Décimo oitavo dia do nono mês de dois mil e vinte e quatro.
É a ideia de mim a amar-te que ainda amo. Podias ter morrido ontem que me seria igual. Começaste a morrer no primeiro minuto em que me espancaste com as palavras de moribundo intoxicado pela poeiras castanhas do teu deserto emocional.
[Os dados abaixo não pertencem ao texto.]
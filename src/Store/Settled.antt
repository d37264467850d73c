-- ===== src/Store/Settled.antt =====
-- A store whose memory is what a refresh would read: the store that a call leaves behind.
use base_layer.Base.{
  Bool, true, false, ◌≡◌, refl, sym, ap, ◌∙◌, arith, subst, Result, ok, err, Error, Result-cases,
  inl, inr,
}
use base_layer.Types.{StateFile}
use base_layer.Types.Schema.{Formats}
use base_layer.Store.File.{ControlPlaneStore, StoreFile, load, refresh_from_disk, refresh_file}
use base_layer.Store.Monad.{reading, queried}
use base_layer.Store.Durability.Validity.{Valid, Valid-valid_state}

module _ (formats : Formats) where
  abbrev pub Settled : ControlPlaneStore → Type 0
  Settled store = refresh_from_disk formats false store ≡ ok store

  -- A read of a settled store changes nothing.
  pub reading-Settled :
      {A : Type 0} (query : StateFile → A) (store : ControlPlaneStore)
      → Settled store
      → reading formats query store ≡ (ok (query store.state), store)
  unfolding reading
  reading-Settled query store settled = ap (queried query store) settled

  abbrev Stays : StoreFile → ControlPlaneStore → Type 0
  Stays file store = Settled store × (store.file ≡ file)

  carry :
      {file : StoreFile} {a b : ControlPlaneStore}
      → Result.ok a ≡ ok b
      → Stays file a
      → Stays file b
  carry {file} {a} {b} h p = let e : a ≡ b = ground arith in subst (Stays file) e p

  settle :
      (file : StoreFile) (s : StateFile) (l : Bool) {b : ControlPlaneStore}
      → refresh_from_disk formats false (record { file = file; state = s; loaded = l }) ≡ ok b
      → Stays file b
  unfolding refresh_from_disk refresh_file load
  settle StoreFile.absent s true h = carry h (refl, refl)
  settle StoreFile.absent s false h = carry h (refl, refl)
  settle StoreFile.malformed s l h = absurd (ground arith)
  settle StoreFile.misshapen s l h = carry h (refl, refl)
  settle (StoreFile.content t) s l h = carry h (refl, refl)

  -- What a read returns comes from the state that it leaves in memory, and that store is settled and
  -- has the file that was there.
  pub reading-settles :
      {A : Type 0} (query : StateFile → A) (store fresh : ControlPlaneStore) {a : A}
      → reading formats query store ≡ (ok a, fresh)
      → Settled fresh × (fresh.file ≡ store.file) × (query fresh.state ≡ a)
  unfolding reading
  reading-settles {A} query store fresh {a} h =
      elim (Result-cases (refresh_from_disk formats false store)) [
        | inl (b, e) ↦
            let k = sym (ap (queried query store) e) ∙ h in
            let same : b ≡ fresh = ap (λ p. p.1) k in
            let (q, f) = settle store.file store.state store.loaded e in
            (
              subst Settled same q,
              sym (ap (λ z. z.file) same) ∙ f,
              ap (λ z. query z.state) (sym same) ∙ answer k,
            )
        | inr (x, e) ↦ absurd (clash (sym (ap (queried query store) e) ∙ h))
      ]
    where
      answer :
          {x : A} {s : ControlPlaneStore}
          → ◌≡◌ {A = Result A × ControlPlaneStore} (ok x, s) (ok a, fresh)
          → x ≡ a
      answer q = ground arith

      clash :
          {x : Error} {s : ControlPlaneStore}
          → ◌≡◌ {A = Result A × ControlPlaneStore} (err x, s) (ok a, fresh)
          → ⊥
      clash q = ground arith

  -- So is the store that a write leaves, where the new state passes the schema.
  pub stored-Settled :
      (t : StateFile)
      → Valid formats t
      → Settled (record { file = StoreFile.content t; state = t; loaded = true })
  unfolding refresh_from_disk refresh_file load
  stored-Settled t v = rw (Valid-valid_state formats t v)
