-- ===== src/Server/Idempotency.antt =====
-- Idempotency keys: the key of a request, the key and the hash it is stored under, the replay.
use Prim.Native.String.{◌++◌ as ◌<>◌}
use base_layer.Base.{not, Option, none, some, String, ◌==◌, if◌then◌else◌, nat_eq}
use base_layer.Types.{SessionRecord, IdempotencyRecord, CreateSessionRequest, Method, post, delete}
use base_layer.Types.Platform.{Platform}
use base_layer.Partner.{PartnerAuthContext}
use base_layer.Partner.Headers.{Headers, read_header_value, trim}
use base_layer.Store.Reads.{get_session, get_idempotency_record}
use base_layer.Server.Handler.{Handler, ◌>>=◌, pure, Reply, send, send_replayed}

-- `hashIdempotencyPayload`, SHA-256 of the payload's JSON, for the payloads that it is called with.
pub record Hashes : Type 0 where
  pub of_request : CreateSessionRequest → String
  pub of_target : String → String

abbrev non_empty : Option String → Option String
non_empty none = none
non_empty (some raw) = if trim raw == "" then none else some (trim raw)

unfoldable pub extract_idempotency_key : Headers → Option String
extract_idempotency_key headers = non_empty (read_header_value headers "idempotency-key")

abbrev key_id_of : Option PartnerAuthContext → String
key_id_of none = "anonymous"
key_id_of (some auth) = auth.key_id

abbrev method_text : Method → String
method_text post = "POST"
method_text delete = "DELETE"

unfoldable pub build_idempotency_storage_key :
    Option PartnerAuthContext → Method → String → String → String
build_idempotency_storage_key auth method route key =
    key_id_of auth <> ":" <> method_text method <> ":" <> route <> ":" <> key

-- `auth ? extractIdempotencyKey(request) : undefined`
abbrev pub partner_key : Option PartnerAuthContext → Headers → Option String
partner_key none headers = none
partner_key (some auth) headers = extract_idempotency_key headers

module _ (platform : Platform) (hashes : Hashes) where
  abbrev pub session_of : Option String → Handler (Option SessionRecord)
  session_of none = pure none
  session_of (some id) = if id == "" then pure none else get_session platform id

  abbrev pub replayed_session : IdempotencyRecord → Option SessionRecord → Reply
  replayed_session existing none = send 409
  replayed_session existing (some session) =
      send_replayed (if nat_eq existing.response_status 201 then 200 else existing.response_status)
        (some session)

  abbrev pub replay_of : Option IdempotencyRecord → String → Handler (Option Reply)
  replay_of none request_hash = pure none
  replay_of (some existing) request_hash =
      if not (existing.request_hash == request_hash) then pure (some (send 409)) else do
        session ← session_of existing.session_id
        pure (some (replayed_session existing session))

  -- `replayCreateIdempotency`: the reply that it sends, if it sends one
  unfoldable pub replay_create_idempotency :
      Option PartnerAuthContext → CreateSessionRequest → Option String → Handler (Option Reply)
  unfolding build_idempotency_storage_key
  replay_create_idempotency auth request none = pure none
  replay_create_idempotency auth request (some key) = do
    existing ←
        get_idempotency_record platform (build_idempotency_storage_key auth post "/v1/sessions" key)
    replay_of existing (hashes.of_request request)

  abbrev pub replay_delete_of : Option IdempotencyRecord → String → Option Reply
  replay_delete_of none request_hash = none
  replay_delete_of (some existing) request_hash =
      some
        (if not (existing.request_hash == request_hash) then send 409 else send_replayed 204 none)

  -- The same of `deleteSessionFromRequest`
  unfoldable pub replay_delete_idempotency :
      Option PartnerAuthContext → String → Option String → Handler (Option Reply)
  unfolding build_idempotency_storage_key
  replay_delete_idempotency auth id none = pure none
  replay_delete_idempotency auth id (some key) = do
    existing ←
        get_idempotency_record platform
          (build_idempotency_storage_key auth delete ("/v1/sessions/" <> id) key)
    pure (replay_delete_of existing (hashes.of_target id))
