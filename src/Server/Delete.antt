-- ===== src/Server/Delete.antt =====
-- `deleteSessionFromRequest`.
use Prim.Native.String.{◌++◌ as ◌<>◌}
use base_layer.Base.{
  ℕ, ◌+◌, max, Bool, true, not, Option, none, some, [], ◌∷◌, String, if◌then◌else◌, Result,
}
use base_layer.Types.{
  SessionRecord, SessionMetrics, ControlPlaneTiming, ControlPlaneCreateTiming, HostRecord,
  HostDeleteReservation, SessionEventRecord, EventScalar, terminated, control_plane,
  session_status_updated, same_status, IdempotencyRecord, delete,
}
use base_layer.Types.Platform.{Platform}
use base_layer.Query.{status_text}
use base_layer.Partner.{PartnerAuthContext, can_partner_access_session}
use base_layer.Partner.Headers.{Headers}
use base_layer.Store.File.{ControlPlaneStore}
use base_layer.Store.Monad.{with_write_lock}
use base_layer.Store.Reads.{get_session, get_host}
use base_layer.Store.Commit.{SessionMutation, commit_session_mutation}
use base_layer.Server.Handler.{Handler, ◌>>=◌, ◌>>◌, pure, lift, await, Reply, send}
use base_layer.Server.Idempotency.{
  Hashes, partner_key, build_idempotency_storage_key, replay_delete_idempotency,
}

-- What a deletion takes from its process: whether it is asynchronous, the clock, fresh ids, how long the
-- steps took, the node agent's answer, and what others do while the handler awaits it.
pub record DeleteRun : Type 0 where
  pub async_delete : Bool
  pub now : ℕ
  pub event_id : String
  pub reservation_id : String
  pub total_ms : ℕ
  pub remote_delete_ms : ℕ
  pub remote : Result (Unit {0})
  pub others : ControlPlaneStore → ControlPlaneStore
  pub lock : Result (Unit {0})
  pub retention : ℕ

abbrev host_delete_reservation_ttl_ms : ℕ
host_delete_reservation_ttl_ms = 15000

abbrev renderers_of : Option SessionMetrics → ℕ
renderers_of none = 1
renderers_of (some metrics) = metrics.renderer_count

abbrev create_timing : Option ControlPlaneTiming → Option ControlPlaneCreateTiming
create_timing none = none
create_timing (some timing) = timing.create

abbrev or_now : Option ℕ → ℕ → ℕ
or_now none now = now
or_now (some at) now = at

module _ (run : DeleteRun) where
  unfoldable pub terminated_record : SessionRecord → SessionRecord
  terminated_record session = record session {
    status = terminated;
    ended_at = some (or_now session.ended_at run.now);
    exit_reason = some "terminated-by-api";
    control_plane_timings = some (record {
      create = create_timing session.control_plane_timings;
      deletion = some (record {
        total_ms = run.total_ms;
        remote_delete_ms = some (if run.async_delete then 0 else run.remote_delete_ms);
        persist_ms = some 0;
        is_async = run.async_delete;
      });
    });
  }

  unfoldable pub delete_event : SessionRecord → String → SessionEventRecord
  delete_event session id = record {
    event_id = run.event_id;
    session_id = id;
    ts = run.now;
    source = control_plane;
    type = session_status_updated;
    status = some terminated;
    activity_state = none;
    exit_reason = some "terminated-by-api";
    details = some (
        ("previousStatus", EventScalar.text (status_text session.status))
        ∷ ("nextStatus", EventScalar.text "terminated")
        ∷ []);
  }

  abbrev delete_reservation : SessionRecord → HostRecord → String → Option HostDeleteReservation
  delete_reservation session host id =
      if run.async_delete
      then some (record {
        reservation_id = run.reservation_id;
        session_id = id;
        host_id = host.host_id;
        runtime_kind = session.runtime_kind;
        renderer_count = max 1 (renderers_of session.last_known_metrics);
        created_at = run.now;
        expires_at = run.now + host_delete_reservation_ttl_ms;
      })
      else none

  module _ (hashes : Hashes) where
    abbrev stored_under :
        Option PartnerAuthContext → Option String → String → Option (String × IdempotencyRecord)
    stored_under none key id = none
    stored_under (some auth) none id = none
    stored_under (some auth) (some key) id = some (
      build_idempotency_storage_key (some auth) delete ("/v1/sessions/" <> id) key,
      record {
        scope_key = auth.key_id;
        idempotency_key = key;
        method = delete;
        route = "/v1/sessions/" <> id;
        request_hash = hashes.of_target id;
        session_id = some id;
        response_status = 204;
        created_at = run.now;
      },
    )

    unfoldable pub delete_mutation :
        SessionRecord
        → HostRecord
        → String
        → Option PartnerAuthContext
        → Option String
        → SessionMutation
    unfolding terminated_record delete_event
    delete_mutation session host id auth key = record {
      release_reservation_id = none;
      add_delete_reservation = delete_reservation session host id;
      session = some (terminated_record session);
      event = some (delete_event session id);
      idempotency = stored_under auth key id;
      remove_session_id = none;
    }

    module _ (platform : Platform) where
      -- `await deleteRemoteSession(…)`, where the deletion is not asynchronous
      abbrev pub delete_remote : Handler (Unit {0})
      delete_remote = if run.async_delete then pure tt else (await run.others >> lift run.remote)

      abbrev pub delete_on :
          Option HostRecord
          → SessionRecord
          → String
          → Option PartnerAuthContext
          → Option String
          → Handler Reply
      delete_on none session id auth key = pure (send 409)
      delete_on (some host) session id auth key = do
        delete_remote
        committed ← with_write_lock platform.formats run.lock (
            commit_session_mutation platform run.retention
              (delete_mutation session host id auth key) run.now)
        pure (record (send 204) { remote_delete = true })

      abbrev pub delete_unless_sent :
          Option Reply
          → SessionRecord
          → String
          → Option PartnerAuthContext
          → Option String
          → Handler Reply
      delete_unless_sent (some reply) session id auth key = pure reply
      delete_unless_sent none session id auth key =
          if same_status session.status terminated then pure (send 204) else do
            host ← get_host platform run.now session.host_id
            delete_on host session id auth key

      abbrev pub delete_found :
          Option SessionRecord → String → Option PartnerAuthContext → Headers → Handler Reply
      delete_found none id auth headers = pure (send 204)
      delete_found (some session) id auth headers =
          if not (can_partner_access_session session auth) then pure (send 404) else do
            sent ← replay_delete_idempotency platform hashes auth id (partner_key auth headers)
            delete_unless_sent sent session id auth (partner_key auth headers)

      unfoldable pub delete_session_from_request :
          String → Option PartnerAuthContext → Headers → Handler Reply
      unfolding delete_mutation
      delete_session_from_request id auth headers = do
        session ← get_session platform id
        delete_found session id auth headers
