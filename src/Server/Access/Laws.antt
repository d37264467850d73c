-- ===== src/Server/Access/Laws.antt =====
-- Whose session a route under `/v1` shows, and what it does not tell.
use base_layer.Base.{true, false, Option, none, some, List, String, ◌≡◌, ◌≢◌, Memᴰ, ap, ◌∙◌, ok}
use base_layer.Base.Dict.{lookup}
use base_layer.Types.{SessionRecord}
use base_layer.Types.Platform.{Platform}
use base_layer.Partner.{PartnerAuthContext, ProviderApiKeyConfigEntry, can_partner_access_session}
use base_layer.Partner.Headers.{Headers, extract_api_key}
use base_layer.Partner.Keys.{context_of}
use base_layer.Store.File.{ControlPlaneStore}
use base_layer.Store.Reads.{get_session}
use base_layer.Store.Settled.{Settled, reading-Settled}
use base_layer.Server.Handler.{go_on, send}
use base_layer.Server.Idempotency.{Hashes}
use base_layer.Server.Delete.{DeleteRun, delete_session_from_request, delete_found}
use base_layer.Server.Access.{Answer, refused, View, ReadRun, view_of, shown_to, read_v1_session}

module _ (platform : Platform) (run : ReadRun) where
  open platform use {formats}

  -- The answer is what the route makes of a stored session within reach of the key's entry.
  pub record Granted (configured : List ProviderApiKeyConfigEntry) (headers : Headers) (view : View)
      (id : String) (store : ControlPlaneStore) (answer : Answer) (after : ControlPlaneStore)
      : Type 0 where
    pub entry : ProviderApiKeyConfigEntry
    pub is_configured : Memᴰ entry configured
    pub is_enabled : entry.enabled ≡ true
    pub carries_key : extract_api_key headers ≡ some entry.api_key
    pub has_key : entry.api_key ≢ ""
    pub session : SessionRecord
    pub fresh : ControlPlaneStore
    pub is_stored : get_session platform id store ≡ (ok (some session), fresh)
    pub in_scope : can_partner_access_session session (some (context_of entry)) ≡ true
    pub is_shown : view_of platform run view id session fresh ≡ (ok answer, after)

  -- A partner who asks for a session out of reach, by whatever route, gets the answer that it gets for
  -- one that does not exist.
  pub read_v1_session-hides :
      (auth : Option PartnerAuthContext) (view view' : View) (id missing : String)
      (session : SessionRecord) (store : ControlPlaneStore)
      → Settled formats store
      → lookup id store.state.sessions ≡ some session
      → can_partner_access_session session auth ≡ false
      → lookup missing store.state.sessions ≡ none
      → (read_v1_session platform run auth view id store ≡ (ok (refused 404), store))
        × (read_v1_session platform run auth view' missing store ≡ (ok (refused 404), store))
  unfolding read_v1_session get_session
  read_v1_session-hides auth view view' id missing session store settled there other none_there = (
    ap (λ z. go_on z (shown_to platform run auth view id))
          (reading-Settled formats (λ s. lookup id s.sessions) store settled)
        ∙ rw (there, other),
    ap (λ z. go_on z (shown_to platform run auth view' missing))
          (reading-Settled formats (λ s. lookup missing s.sessions) store settled)
        ∙ rw none_there,
  )

-- A deletion tells them apart: it answers 404 for a session out of reach and 204 for one that does
-- not exist, and changes nothing.
pub delete_session_from_request-discloses :
    (platform : Platform) (run : DeleteRun) (hashes : Hashes) (auth : Option PartnerAuthContext)
    (headers : Headers) (id missing : String) (session : SessionRecord) (store : ControlPlaneStore)
    → Settled platform.formats store
    → lookup id store.state.sessions ≡ some session
    → can_partner_access_session session auth ≡ false
    → lookup missing store.state.sessions ≡ none
    → (delete_session_from_request run hashes platform id auth headers store
        ≡ (ok (send 404), store))
      × (delete_session_from_request run hashes platform missing auth headers store
          ≡ (ok (send 204), store))
unfolding delete_session_from_request get_session
delete_session_from_request-discloses platform run hashes auth headers id missing session store
      settled there other none_there =
    (
      ap (λ z. go_on z (λ o. delete_found run hashes platform o id auth headers))
            (reading-Settled platform.formats (λ s. lookup id s.sessions) store settled)
          ∙ rw (there, other),
      ap (λ z. go_on z (λ o. delete_found run hashes platform o missing auth headers))
            (reading-Settled platform.formats (λ s. lookup missing s.sessions) store settled)
          ∙ rw none_there,
    )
É a ideia de mim a amar que amo. Podias morrer num dia qualquer que eu já tinha enterrado a ideia de ti, daquilo que pensei que eras e daquilo que tu me fizeste pensar que era. Somente uma forma de chegares aos teus propósitos como num escadote, num caixote e eu Quixote, eternamente Quixote, a debelar moinhos de vento, sendo Dulcineia, Rocinante e Sancho, a iluminar-me nas noites pardas com a estrela menor como archote. É a ideia de amar acima de todas as coisas, a mim, a ti, ou a quem for, que alimenta a vida que quero simples,escorreita e límpida, sem rancores nem amargores pela constatação da existência de verdadeiros estupores como tu e os que te assemelham, sem chispa nem centelha, sugadores de esperança e bem aventurança, disseminadores de todos os vícios e dores.
É a ideia do amor que eu amo, é ele que me cura, acorda e adormece, me faz sonhar, questionar, acreditar e continuar.
É ele que eu vejo em todas as coisas que me rodeiam, na grandeza das almas que me cercam, no olhar de cada filha, do meu filho, da minha neta, duma amiga, dum amigo, do meu fiel escudeiro peludo de olhos de veludo, da égua que me abraça a cada chegada, das gatas que me seguem como a uma semelhante.
É a ideia de ser assim que me faz cultivar cada lugar de mim, reinventar cada queda e ser a minha própria escada, transformar em tudo o que antes era nada, ser no caos da calma a entrada.